L’Égypte a sujet d’espérer que, grâce à l’Angleterre, elle pourra s’exempter du sort réservé à tous les pays qui se livrent en proie aux empiriques et aux prêteurs sur gages. Le gouvernement britannique ne lui permettra pas d’en user comme ce mendiant espagnol à qui on conseillait de travailler et qui, se drapant dans son haillon et dans sa fierté castillane, répondit : Je demande de l’argent, non des conseils. Les Anglais donneront de l’argent à l’Égypte, mais ils lui donneront aussi des conseils, et il faudra qu’elle les accepte. Il est vrai que jadis ils paraissaient peu disposés à travailler à sa régénération. Ils ont protégé les mamelouks, qui condamnaient à la stérilité la fertile vallée du Nil ; ils ont ligué toute l’Europe contre le progressif Méhémet-Ali et ils ont accordé leur appui au fanatique Abbas-Pacha. « Il y avait alors en Angleterre un parti qui aurait voulu réduire le vice-roi à la condition de ces rajahs de l’Inde, dont on favorise les désordres jusqu’au moment où le prince abruti n’a plus d’autre ressource que de se faire protéger ou de vendre ses états[1]. » En 1840, l’ambassadeur anglais à Constantinople, lord Ponsonby, écrivait au grand-vizir que le but de la politique de l’Angleterre comme de la Porte devait être a de renvoyer nus dans le désert Méhémet-Ali et toute sa descendance. »

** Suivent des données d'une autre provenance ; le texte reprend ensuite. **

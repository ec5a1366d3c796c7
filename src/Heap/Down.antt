-- ===== src/Heap/Down.antt =====
-- `_sift_down` and `push` of dpark/utils/heaponkey.py.
use dpark.Common.{
  ℕ, zero, suc, ◌+◌, ◌≤◌, ◌<◌, ◌≡◌, refl, sym, ap, ◌∙◌, Bool, true, false, ◌&&◌, List, [], ◌∷◌,
  ◌++◌, length, length-set, length-append, get_or, set, ltb, ◌==◌, arith, Bool-cases, inl, inr,
}
use mathlib.Core.Path.{subst}
use dpark.Heap.{parent_of, sift_down, push}
use dpark.Heap.Order.{at-set_same, at-set_other, total, total-set, total-append, IsOrder, IsHeap}

pub parent-lt : (i : ℕ) → 0 < i → parent_of i < i
parent-lt i h = omega (arith, h)

module _ {A : Type 0} (cmp_lt : A → A → Bool) (Above : A → A → Type 0)
    (order : IsOrder cmp_lt Above) (default : A) where
  abbrev at : List A → ℕ → A
  at h i = get_or h i default

  pub move : {a a' b b' : A} → a ≡ a' → b ≡ b' → Above a b → Above a' b'
  move {a' = a'} {b = b} e f x = subst (λ z. Above a' z) f (subst (λ z. Above z b) e x)

  -- a heap but for the item at `pos`, which may belong higher up
  record IsHeapBut (h : List A) (pos : ℕ) : Type 0 where
    others :
        (i : ℕ) → 0 < i → i < length h → (i == pos) ≡ false → Above (at h (parent_of i)) (at h i)
    over :
        (i : ℕ)
        → 0 < i
        → i < length h
        → parent_of i ≡ pos
        → 0 < pos
        → Above (at h (parent_of pos)) (at h i)

  in_place :
      (h : List A) (pos : ℕ)
      → IsHeapBut h pos
      → (0 < pos → Above (at h (parent_of pos)) (at h pos))
      → IsHeap Above default h
  in_place h pos b f i p l = elim (Bool-cases (i == pos)) [
    | inr q ↦ b.others i p l q
    | inl q ↦
        let e : pos ≡ i = ground arith in
        subst (λ z. Above (at h (parent_of z)) (at h z)) e (f (omega (arith, e, p)))
  ]

  -- one step: the parent goes down, and the item to its place
  module _ (h : List A) (new : A) (pos : ℕ) (p : 0 < pos) (l : pos < length h) where
    abbrev above : ℕ
    above = parent_of pos

    abbrev before : List A
    before = set h pos new

    abbrev after : List A
    after = set (set h pos (at h above)) above new

    length-after : length after ≡ length h
    length-after = length-set (set h pos (at h above)) above new ∙ length-set h pos (at h above)

    after_above : at after above ≡ new
    after_above =
        at-set_same (set h pos (at h above)) above new default
          (omega (arith, length-set h pos (at h above), parent-lt pos p, l))

    after_pos : at after pos ≡ at h above
    after_pos =
        at-set_other (set h pos (at h above)) above pos new default
          (ground (arith, parent-lt pos p))
        ∙ at-set_same h pos (at h above) default l

    after_other : (j : ℕ) → (j == above) ≡ false → (j == pos) ≡ false → at after j ≡ at before j
    after_other j a b =
        at-set_other (set h pos (at h above)) above j new default a
        ∙ at-set_other h pos j (at h above) default b
        ∙ sym (at-set_other h pos j new default b)

    before_above : at before above ≡ at h above
    before_above = at-set_other h pos above new default (ground (arith, parent-lt pos p))

    total-after : (f : A → ℕ) → total f after ≡ total f before
    total-after f =
        let a = total-set f h pos (at h above) default l in
        let b = total-set f h pos new default l in
        let c =
          total-set f (set h pos (at h above)) above new default
            (omega (arith, length-set h pos (at h above), parent-lt pos p, l)) in
        let e : at (set h pos (at h above)) above ≡ at h above =
          at-set_other h pos above (at h above) default (ground (arith, parent-lt pos p)) in
        omega (arith, a, b, c, ap f e)

    step-IsHeapBut : IsHeapBut before pos → Above new (at h above) → IsHeapBut after above
    step-IsHeapBut b up =
        let len : length after ≡ length before = length-after ∙ sym (length-set h pos new) in
        let lt : above < pos = parent-lt pos p in
        -- an item that did not move, and the parent that it had
        let below : (i : ℕ)
            → 0 < i
            → i < length after
            → (i == pos) ≡ false
            → Above (at before (parent_of i)) (at before i) =
          λ i q j m. b.others i q (omega (arith, j, len)) m in
        record {
          others = λ i q j n. elim (Bool-cases (i == pos)) [
            | inl e ↦
                let e' : pos ≡ i = ground arith in
                subst (λ z. Above (at after (parent_of z)) (at after z)) e'
                  (move (sym after_above) (sym after_pos) up)
            | inr m ↦
                let here : at before i ≡ at after i = sym (after_other i n m) in
                elim (Bool-cases (parent_of i == pos)) [
                  | inl e ↦
                      let e' : parent_of i ≡ pos = ground arith in
                      move (before_above ∙ sym after_pos ∙ ap (at after) (sym e')) here
                        (b.over i q (omega (arith, j, len)) e' p)
                  | inr c ↦ elim (Bool-cases (parent_of i == above)) [
                    | inl e ↦
                        let e' : parent_of i ≡ above = ground arith in
                        let x : Above (at h above) (at before i) =
                          move (ap (at before) e' ∙ before_above) refl (below i q j m) in
                        move (sym after_above ∙ ap (at after) (sym e')) here
                          (order.transitive new (at h above) (at before i) up x)
                    | inr d ↦ move (sym (after_other (parent_of i) d c)) here (below i q j m)
                  ]
                ]
          ];
          over = λ i q j e r.
              let lt' : parent_of above < above = parent-lt above r in
              let top : at before (parent_of above) ≡ at after (parent_of above) =
                sym
                  (after_other (parent_of above) (ground (arith, lt')) (ground (arith, lt', lt))) in
              let x : Above (at before (parent_of above)) (at before above) =
                b.others above r (omega (arith, lt, l, length-set h pos new))
                  (ground (arith, lt)) in
              elim (Bool-cases (i == pos)) [
                | inl f ↦
                    let f' : pos ≡ i = ground arith in
                    move top (before_above ∙ sym after_pos ∙ ap (at after) f') x
                | inr m ↦
                    let n : (i == above) ≡ false = ground (arith, parent-lt i q) in
                    let y : Above (at before above) (at before i) =
                      move (ap (at before) e) refl (below i q j m) in
                    move top (sym (after_other i n m)) (
                      order.transitive (at before (parent_of above)) (at before above) (at before i)
                        x y)
              ];
        }

  -- what `_sift_down` makes of a list with the new item at its position
  record IsSifted (h h' : List A) : Type 0 where
    heap : IsHeap Above default h'
    size : length h' ≡ length h
    items : (f : A → ℕ) → total f h' ≡ total f h

  step_up :
      (n : ℕ) (h : List A) (new : A) (pos : ℕ)
      → (ltb 0 pos && cmp_lt new (at h (parent_of pos))) ≡ true
      → sift_down cmp_lt default (suc n) h new pos
        ≡ sift_down cmp_lt default n (set h pos (at h (parent_of pos))) new (parent_of pos)
  unfolding sift_down
  step_up n h new pos e = rw (sift_down, e) refl

  step_stay :
      (n : ℕ) (h : List A) (new : A) (pos : ℕ)
      → (ltb 0 pos && cmp_lt new (at h (parent_of pos))) ≡ false
      → sift_down cmp_lt default (suc n) h new pos ≡ set h pos new
  unfolding sift_down
  step_stay n h new pos e = rw (sift_down, e) refl

  sift_down-IsSifted :
      (n : ℕ) (h : List A) (new : A) (pos : ℕ)
      → pos ≤ n
      → pos < length h
      → IsHeapBut (set h pos new) pos
      → IsSifted (set h pos new) (sift_down cmp_lt default n h new pos)
  unfolding sift_down
  sift_down-IsSifted zero h new pos e l b = record {
    heap = in_place (set h pos new) pos b (λ p. absurd (omega (arith, p, e)));
    size = refl;
    items = λ f. refl;
  }
  sift_down-IsSifted (suc n) h new pos e l b =
      let up = at h (parent_of pos) in
      elim (Bool-cases (ltb 0 pos && cmp_lt new up)) [
        | inl c ↦
            let p : 0 < pos = ground arith in
            let lt = parent-lt pos p in
            let i =
              sift_down-IsSifted n (set h pos up) new (parent_of pos) (omega (arith, lt, e))
                (omega (arith, length-set h pos up, lt, l))
                (step-IsHeapBut h new pos p l b (order.of_true new up (ground arith))) in
            subst (IsSifted (set h pos new)) (sym (step_up n h new pos c)) (record {
              heap = i.heap;
              size = i.size ∙ length-after h new pos p l ∙ sym (length-set h pos new);
              items = λ f. i.items f ∙ total-after h new pos p l f;
            })
        | inr c ↦ subst (IsSifted (set h pos new)) (sym (step_stay n h new pos c)) (record {
          heap = in_place (set h pos new) pos b (λ p.
              move (sym (before_above h new pos p l)) (sym (at-set_same h pos new default l))
                (order.of_false new up (ground (arith, c))));
          size = refl;
          items = λ f. refl;
        })
      ]

  set_last : (h : List A) (x y : A) → set (h ++ x ∷ []) (length h) y ≡ h ++ y ∷ []
  set_last [] x y = refl
  set_last (z ∷ h) x y = ap (λ l. z ∷ l) (set_last h x y)

  at-append : (h : List A) (x : A) (i : ℕ) → i < length h → at (h ++ x ∷ []) i ≡ at h i
  at-append [] x i l = absurd (omega (arith, l))
  at-append (y ∷ h) x zero l = refl
  at-append (y ∷ h) x (suc i) l = at-append h x i (omega (arith, l))

  -- `push` keeps a heap a heap, and adds just the item, for a `cmp_lt` that decides an order.
  pub push-IsHeap :
      (h : List A) (x : A)
      → IsHeap Above default h
      → IsHeap Above default (push cmp_lt default h x)
        × (length (push cmp_lt default h x) ≡ length h + 1)
        × ((f : A → ℕ) → total f (push cmp_lt default h x) ≡ total f h + f x)
  unfolding push
  push-IsHeap h x g =
      let l : length (h ++ x ∷ []) ≡ length h + 1 = length-append h (x ∷ []) in
      let e : h ++ x ∷ [] ≡ set (h ++ x ∷ []) (length h) x = sym (set_last h x x) in
      let b : IsHeapBut (h ++ x ∷ []) (length h) = record {
        others = λ i p j n.
            let q : i < length h = ground (arith, l) in
            move (sym (at-append h x (parent_of i) (omega (arith, parent-lt i p, q))))
              (sym (at-append h x i q)) (g i p q);
        over = λ i p j c r. absurd (omega (arith, parent-lt i p, c, j, l));
      } in
      let i =
        sift_down-IsSifted (length h) (h ++ x ∷ []) x (length h) (omega arith) (omega (arith, l))
          (subst (λ z. IsHeapBut z (length h)) e b) in
      (
        i.heap,
        i.size ∙ ap length (sym e) ∙ l,
        λ f. i.items f ∙ ap (total f) (sym e) ∙ omega (arith, total-append f h (x ∷ [])),
      )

Ces temps ne sont plus. L’école de Manchester, qu’il est permis de juger, mais qu’il ne faut pas calomnier, a modifié les sentimens des Anglais sur plus d’un point ; elle leur a démontré qu’on peut quelquefois fonder son bonheur sur celui d’autrui. Il est probable qu’ils donneront au vice-roi de très utiles conseils. Ils ont conscience de la responsabilité qu’ils assument en le prenant sous leur patronage financier ; ils savent que ce patronage, ou ce qu’on a appelé « leur endossement tacite, » procurera à Ismaïl-Pacha tout l’argent dont il aura ou dont il n’aura pas besoin. « Le monde des finances ! lisait-on dans un journal, est très ému ; il ne saurait y avoir, se dit-on, de meilleure spéculation que celle de prêter à l’Égypte, si l’Angleterre, bien qu’elle n’en prenne pas l’engagement formel, est là pour payer. Le taux de l’intérêt est

  1. Lettres, Journal et Documens pour servir à l’histoire du canal de Suez, t. Iir, p. 95.